Ai continues to replace the metaverse as the tech buzzword du jour. This is mostly focused on generative AI such as DALL-E 2, and conversational AI such as Chat GPT. Both are blowing everyone’s minds with their ability to generate meaningful content from text prompts.
Speaking of text prompts, some have even called this the death of the Google-dominant era of search. Though that could be overblown or premature – Google itself is well positioned for AI as we’ve examined – there’s ample promise in the underlying technology from the likes of OpenAI.
Meanwhile, amidst all this excitement, one question we’re often asked is how generative AI will converge with AR. And though it’s still early for generative and conversational AI, we can see some high-level ways that the technology could merge with AR and engender new use cases.
For example, generative AI can assist AR developers in the current bottleneck of creating 3D models – the base ingredient of immersive experiences. Similarly, AR experiences themselves could be built around generating graphics on the fly, rather than pre-ordained sequences.
After examining the above possibilities in Part I of this series, we now return here in Part II with additional outcomes at the intersection of AR and AI. Specifically, we move from generative AI’s role in AR content creation to conversational AI’s potential as an AR intelligence layer.
Backing up, one of AR’s promises is to provide ambient intelligence that assists users and makes them smarter as they move throughout their day. This includes things like visual search to identify and contextualize physical world objects – everything from street signs to storefronts.
This moves away from AR’s fun and games (think: Pokémon Go and selfie lenses) to its utilitarian endpoints. That in turn makes AR more sustainable and sticky. We’ve already seen a glimpse of this through AR tools like Google Lens, but they’re mostly confined to 5-inch screens.
When AR evolves from handheld to headworn – which is gradually underway – these intelligence tools will become more ambient and automatic given that you don’t have to hold up your phone to use them. And that line-of-sight orientation is where conversational AI factors in.

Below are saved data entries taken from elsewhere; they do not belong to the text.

-- ===== src/Worker/Stream/Ack.antt =====
-- The front of the window moves past the answered packets, and the stream goes on behind them: `shift_ack`
-- of server/backend/worker.cpp.
use clean_slate_inc.Prelude.{
  ℕ, ◌+◌, ◌%◌, ◌≡◌, ◌≢◌, ◌<◌, ◌⊎◌, inl, inr, refl, sym, ap, ◌∙◌, subst, true, false, some, List,
  arith, u32_mod,
}
use clean_slate_inc.Packet.{get_psn, get_group_id}
use clean_slate_inc.Congestion.{max_win_len}
use clean_slate_inc.LoadBalancer.{SubOp}
use clean_slate_inc.QueuePair.{Spsc, front_req}
use clean_slate_inc.QueuePair.History.{Reach}
use clean_slate_inc.Window.{Window}
use clean_slate_inc.Window.Positions.{place, IsWindow}
use clean_slate_inc.Worker.Defs.{Worker, Progress}
use clean_slate_inc.Worker.Stream.Kept.{IsNext-same}
use clean_slate_inc.Worker.Receive.{shift_ack}
use clean_slate_inc.Worker.Stream.{lasts, HaveParts, InStream}
use clean_slate_inc.Worker.Stream.Shift.{
  left_end, left_end-lt, left_end-psn, Shifted, shift_ack_loop-Shifted,
}

module _ {L F : Type 0} (q : Spsc SubOp) where
  -- A stream whose first `m` packets have left.
  shrunk-InStream :
      (group n m left to_ack left_psn : ℕ) {w w' : Worker q.Queue L F} {made got : List SubOp}
      → InStream q group n w made got
      → m + left ≡ n
      → to_ack ≡ place w.window.to_ack m
      → left_psn < u32_mod
      → (left ≢ 0 → left_psn ≡ get_psn (w.window.state to_ack).pkt)
      → w'.window ≡ record w.window { to_ack = to_ack; left_psn = left_psn }
      → Reach q w'.qp made (lasts w.window.state to_ack left) got
      → front_req q w'.qp ≡ front_req q w.qp
      → w'.progress ≡ w.progress
      → w'.psn_of ≡ w.psn_of
      → w'.current_group_id ≡ w.current_group_id
      → InStream q group left w' made got
  shrunk-InStream group n m left to_ack left_psn {w} {w'} {made} {got} v all at psn_in psn window
        queues front progress psn_of current =
      record {
        window =
            subst (λ (z : Window F). IsWindow group z left) (sym window)
              (record {
                run = record {
                  from_in = omega (arith, at);
                  base_in = psn_in;
                  short = omega (arith, v.window.run.short, all);
                  end = v.window.run.end ∙ omega (arith, at, all);
                  psns = λ k lt.
                      ap (λ i. get_psn (w.window.state i).pkt) (further k)
                      ∙ v.window.run.psns (m + k) (omega (arith, all))
                      ∙ omega (arith, base (λ e. absurd (omega arith)));
                  groups = λ k lt.
                      ap (λ i. get_group_id (w.window.state i).pkt) (further k)
                      ∙ v.window.run.groups (m + k) (omega (arith, all));
                };
                right = λ ne.
                    v.window.right (λ e. absurd (omega (arith, all)))
                    ∙ omega (arith, base ne, all, v.window.run.base_in);
              });
        parts =
            subst (λ (z : Window F). HaveParts z.state z.to_ack left) (sym window)
              (λ k lt.
                let (x, h) = v.parts (m + k) (omega (arith, all)) in
                (x, ap (λ i. (w.window.state i).sub_op) (further k) ∙ h));
        queues =
            subst (λ (z : Window F). Reach q w'.qp made (lasts z.state z.to_ack left) got)
              (sym window) queues;
        next = v.next;
        follows = λ ne.
            v.follows (λ e. absurd (omega (arith, all)))
            ∙ omega (arith, base ne, all)
            ∙ ap (λ (z : Window F). (z.left_psn + left) % u32_mod) (sym window);
        numbers = IsNext-same q group progress psn_of front v.numbers;
        current = λ c. current ∙ v.current (busy c);
      }
    where
      further : (k : ℕ) → place to_ack k ≡ place w.window.to_ack (m + k)
      further k = omega (arith, at)

      base : left ≢ 0 → left_psn ≡ (w.window.left_psn + m) % u32_mod
      base ne =
          psn ne
          ∙ ap (λ i. get_psn (w.window.state i).pkt) at
          ∙ v.window.run.psns m (omega (arith, all))

      busy :
          (left ≢ 0) ⊎ ((s : SubOp) × (w'.progress.sub_op ≡ some s))
          → (n ≢ 0) ⊎ ((s : SubOp) × (w.progress.sub_op ≡ some s))
      busy (inl ne) = inl (λ e. absurd (omega (arith, all)))
      busy (inr (s, h)) = inr (s, ap (λ (p : Progress). p.sub_op) (sym progress) ∙ h)

  -- What `shift_ack` does when its loop has left the packets from `r.to_ack` on.
  after_loop :
      (group n : ℕ) {w : Worker q.Queue L F} {made got : List SubOp}
      → InStream q group n w made got
      → (r : Shifted q n w.window.to_ack max_win_len w made got)
      → (w' : Worker q.Queue L F) × (shift_ack q w ≡ some w') × InStream q group r.left w' made got
  unfolding shift_ack
  after_loop group n {w} v r =
      let moved = record r.w'.window { to_ack = r.to_ack } in
      let to_send : moved.to_send ≡ place r.to_ack r.left =
        ap (λ (z : Window F). z.to_send) r.window ∙ v.window.run.end ∙ omega (arith, r.at, r.all) in
      let w' : Worker q.Queue L F = record r.w' {
        window = record moved { left_psn = left_end moved };
      } in
      (
        w',
        rw r.runs refl,
        shrunk-InStream group n r.m r.left r.to_ack (left_end moved) v r.all r.at
            (left_end-lt moved)
            (λ ne.
              left_end-psn r.left moved (omega (arith, r.at))
                (omega (arith, v.window.run.short, r.all)) to_send ne
              ∙ ap (λ (z : Window F). get_psn (z.state r.to_ack).pkt) r.window)
            (ap (λ (z : Window F). record z { to_ack = r.to_ack; left_psn = left_end moved })
              r.window)
            r.queues r.front r.progress r.psn_of r.current,
      )

  -- `shift_ack` never fails and keeps the stream: the `m` packets that leave have all been answered, and
  -- the first that stays has not.
  pub shift_ack-InStream :
      (group n : ℕ) {w : Worker q.Queue L F} {made got : List SubOp}
      → InStream q group n w made got
      → (w' : Worker q.Queue L F) × (m : ℕ) × (left : ℕ) × (shift_ack q w ≡ some w')
        × (m + left ≡ n)
        × InStream q group left w' made got
        × ((k : ℕ) → k < m → (w.window.state (place w.window.to_ack k)).acked ≡ true)
        × ((left ≡ 0) ⊎ ((w.window.state (place w.window.to_ack m)).acked ≡ false))
  shift_ack-InStream group n {w} v =
      let r =
        shift_ack_loop-Shifted q n max_win_len w.window.to_ack w v.window.run.from_in
          v.window.run.short (omega (arith, v.window.run.short)) v.window.run.end v.parts
          v.queues in
      let (w', e, v') = after_loop group n v r in
      (
        w',
        r.m,
        r.left,
        e,
        r.all,
        v',
        r.answered,
        subst (λ i. (r.left ≡ 0) ⊎ ((w.window.state i).acked ≡ false)) r.at r.stops,
      )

Put the ‘Conversation’ in Conversational AI
Specifically, the “conversational” part makes this technology align with AR glasses. Because there’s no keyboard or touchpad for smart glasses, the input will likely be voice. And spoken inputs are inherently different than typed/tapped ones. In other words, they’re more conversational.
By contrast, smartphones have gotten away with text inputs that are less conversational for two big reasons. One is that Google has trained us to use keywords. The other is that keywords are more efficient than full sentences… which resonates when you’re tapping on a small screen.

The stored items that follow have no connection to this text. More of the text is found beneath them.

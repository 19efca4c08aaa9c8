-- ===== src/Worker/Stream/Make.antt =====
-- The packet that `gen_pkt` of server/backend/worker.cpp makes is the next of the stream.
use clean_slate_inc.Prelude.{
  ℕ, ◌+◌, ◌/◌, ◌%◌, ◌≡◌, ◌≢◌, ◌<◌, ◌⊎◌, inl, inr, refl, ◌∙◌, true, false, not, ◌&&◌, none, some,
  List, arith, u32_mod, add32, Bool-cases, Option-cases, ◌==◌,
}
use clean_slate_inc.Op.{Op}
use clean_slate_inc.Packet.{get_psn, get_group_id}
use clean_slate_inc.Packet.ByteOrder.{htobe32-htobe32}
use clean_slate_inc.LoadBalancer.{SubOp}
use clean_slate_inc.QueuePair.{Spsc, front_req}
use clean_slate_inc.QueuePair.History.{Reach}
use clean_slate_inc.Window.{PktState, update, window_tx_empty}
use clean_slate_inc.Window.Positions.{IsRun, update_self}
use clean_slate_inc.Worker.Defs.{Worker, Progress}
use clean_slate_inc.Worker.Send.{filled_pkt, new_state, packet_count, next_state, next_sub_op}
use clean_slate_inc.Worker.Stream.{lasts, HaveParts, IsNext}

module _ (op : Op) (s : SubOp) (p : Progress) (old : PktState) (mem : ℕ → ℕ) where
  pub made-psn : get_psn (next_state op s p old mem).pkt ≡ add32 p.start_psn p.pkt_sent
  unfolding next_state new_state filled_pkt get_psn
  made-psn = htobe32-htobe32 (add32 p.start_psn p.pkt_sent) (omega arith)

  pub made-group : get_group_id (next_state op s p old mem).pkt ≡ op.group.group_id
  unfolding next_state new_state filled_pkt get_group_id
  made-group = refl

  pub made-sub_op : (next_state op s p old mem).sub_op ≡ some s
  unfolding next_state new_state
  made-sub_op = refl

  pub made-last : (next_state op s p old mem).is_last ≡ (add32 p.pkt_sent 1 == p.pkt_cnt)
  unfolding next_state new_state
  made-last = refl

packet_count-pos : (size : ℕ) → (0 < packet_count size) × (packet_count size < u32_mod)
unfolding packet_count
packet_count-pos size = ground arith

module _ {L F : Type 0} (q : Spsc SubOp) (group : ℕ) where
  -- The stream inside the loop of `shift_send`: the window goes up to the loop's own `to_send`.
  pub record InSend (n to_send : ℕ) (w : Worker q.Queue L F) (made got : List SubOp) : Type 0 where
    pub run : IsRun group w.window.left_psn n w.window.to_ack to_send w.window.state
    pub parts : HaveParts w.window.state w.window.to_ack n
    pub queues : Reach q w.qp made (lasts w.window.state w.window.to_ack n) got
    pub next : ℕ
    pub follows : n ≢ 0 → next ≡ (w.window.left_psn + n) % u32_mod
    pub numbers : IsNext q group next w
    pub current :
        (n ≢ 0) ⊎ ((s : SubOp) × (w.progress.sub_op ≡ some s)) → w.current_group_id ≡ group

  -- A new part becomes the part in hand.
  abbrev begin : SubOp → Worker q.Queue L F → Worker q.Queue L F
  begin s w = record w {
    current_group_id = group;
    current_switch_window_limit = s.agg_len / 2;
    traffic_todo = true;
    progress = record {
      pkt_sent = 0;
      start_psn = w.psn_of group;
      pkt_cnt = packet_count s.size;
      sub_op = some s;
    };
    psn_of = update w.psn_of group (add32 (w.psn_of group) (packet_count s.size));
  }

  begin-IsNext :
      (s : SubOp) {next : ℕ} {w : Worker q.Queue L F}
      → w.progress.sub_op ≡ none
      → front_req q w.qp ≡ some s
      → IsNext q group next w
      → IsNext q group next (begin s w)
  begin-IsNext s {next} {w} idle front v =
      let (pos, small) = packet_count-pos s.size in
      record {
        next_in = v.next_in;
        idle = λ e. absurd (ground arith);
        busy_psn = λ x e. omega (arith, v.idle idle, v.next_in);
        busy_left =
            λ x e. update_self w.psn_of group (add32 (w.psn_of group) (packet_count s.size));
        busy_more = λ x e. pos;
        busy_in = λ x e. small;
        busy_front = λ x e. front ∙ e;
      }

  module _ (ops : ℕ → Op) (w : Worker q.Queue L F) where
    goes_on : (s : SubOp) → w.progress.sub_op ≡ some s → next_sub_op q ops w ≡ (some s, w)
    unfolding next_sub_op
    goes_on s busy = ground arith

    has_none :
        w.progress.sub_op ≡ none
        → front_req q w.qp ≡ none
        → next_sub_op q ops w ≡ (none, record w { traffic_todo = false })
    unfolding next_sub_op
    has_none idle empty = ground arith

    module _ (s : SubOp) (same : (ops s.op).group.group_id ≡ group) where
      must_wait :
          w.progress.sub_op ≡ none
          → front_req q w.qp ≡ some s
          → (not (w.current_group_id == group) && not (window_tx_empty w.window)) ≡ true
          → next_sub_op q ops w ≡ (none, record w { traffic_todo = false })
      unfolding next_sub_op
      must_wait idle front wait = ground arith

      starts :
          w.progress.sub_op ≡ none
          → front_req q w.qp ≡ some s
          → (not (w.current_group_id == group) && not (window_tx_empty w.window)) ≡ false
          → next_sub_op q ops w ≡ (some s, begin s w)
      unfolding next_sub_op
      starts idle front go = ground arith

  -- What `next_sub_op` finds.
  abbrev pub Found : (ℕ → Op) → ℕ → ℕ → Worker q.Queue L F → List SubOp → List SubOp → Type 0
  Found ops n to_send w made got =
      (s : SubOp) × (w' : Worker q.Queue L F) × (next_sub_op q ops w ≡ (some s, w'))
      × InSend n to_send w' made got
      × (w'.progress.sub_op ≡ some s)
      × (w'.current_group_id ≡ group)

  abbrev pub Nothing : (ℕ → Op) → ℕ → ℕ → Worker q.Queue L F → List SubOp → List SubOp → Type 0
  Nothing ops n to_send w made got =
      (w' : Worker q.Queue L F) × (next_sub_op q ops w ≡ (none, w')) × InSend n to_send w' made got

  begin-InSend :
      (s : SubOp) {n to_send : ℕ} {w : Worker q.Queue L F} {made got : List SubOp}
      → w.progress.sub_op ≡ none
      → front_req q w.qp ≡ some s
      → InSend n to_send w made got
      → InSend n to_send (begin s w) made got
  begin-InSend s idle front v = record {
    run = v.run;
    parts = v.parts;
    queues = v.queues;
    next = v.next;
    follows = v.follows;
    numbers = begin-IsNext s idle front v.numbers;
    current = λ c. refl;
  }

  idle-InSend :
      {n to_send : ℕ} {w : Worker q.Queue L F} {made got : List SubOp}
      → InSend n to_send w made got
      → InSend n to_send (record w { traffic_todo = false }) made got
  idle-InSend v = record {
    run = v.run;
    parts = v.parts;
    queues = v.queues;
    next = v.next;
    follows = v.follows;
    numbers = record {
      next_in = v.numbers.next_in;
      idle = v.numbers.idle;
      busy_psn = v.numbers.busy_psn;
      busy_left = v.numbers.busy_left;
      busy_more = v.numbers.busy_more;
      busy_in = v.numbers.busy_in;
      busy_front = v.numbers.busy_front;
    };
    current = v.current;
  }

  pub next_sub_op_lem :
      (ops : ℕ → Op) {n to_send : ℕ} {w : Worker q.Queue L F} {made got : List SubOp}
      → ((a : ℕ) → (ops a).group.group_id ≡ group)
      → InSend n to_send w made got
      → Nothing ops n to_send w made got ⊎ Found ops n to_send w made got
  unfolding next_sub_op
  next_sub_op_lem ops {n} {to_send} {w} {made} {got} same v =
      elim (Option-cases w.progress.sub_op) [
        | inr (s, busy) ↦ inr (s, w, goes_on ops w s busy, v, busy, v.current (inr (s, busy)))
        | inl idle ↦ elim (Option-cases (front_req q w.qp)) [
          | inl empty ↦
              inl (record w { traffic_todo = false }, has_none ops w idle empty, idle-InSend v)
          | inr (s, front) ↦
              elim (Bool-cases
                (not (w.current_group_id == group) && not (window_tx_empty w.window))) [
                  | inl wait ↦ inl (
                    record w { traffic_todo = false },
                    must_wait ops w s (same s.op) idle front wait,
                    idle-InSend v,
                  )
                  | inr go ↦ inr (
                    s,
                    begin s w,
                    starts ops w s (same s.op) idle front go,
                    begin-InSend s idle front v,
                    refl,
                    refl,
                  )
                ]
        ]
      ]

But spoken inputs are more intuitive if they’re natural-language enabled. And that’s what conversational AI is good at… it’s right there in its title. So when looking at the intersection of AR and conversational AI, the latter could be the intelligence layer the former needs.
One example of this has already been demonstrated by Google: real-time language translation. If your smart glasses can translate language right in front of your eyes as you converse with someone who speaks another language, that’s the real magic and utility of AR (read: killer app).
Beyond language translation, broadly-applicable use cases could be assistant functions (“where have I met this person before?”), or commerce (“where do I buy that jacket?”). This is where AI could revive AR given that its proposed savior, Apple, itself has an Achilles Heel: Siri.
That means that Apple has from now until a circa-2025 AR glasses launch to build or buy a more functional intelligence layer (note: Apple could enter the market sooner with a mixed-reality headset with passthrough AR). And that’s where conversational AI enters the picture.
In fact, this aligns with the “lite AR” approach we’ve theorized. This is a design hack to sidestep AR’s optical challenges (heat, bulk, etc.) with hardware that’s experientially meaningful, if graphically underpowered. The “experientially meaningful” part is what Apple does best.
That could play out through elegant integrations with other wearables, as well as the “intelligence layer” we keep mentioning. It could be a sort of ambient assistant that makes you a smarter and more effective human. And conversational AI could be the puzzle piece that it needs.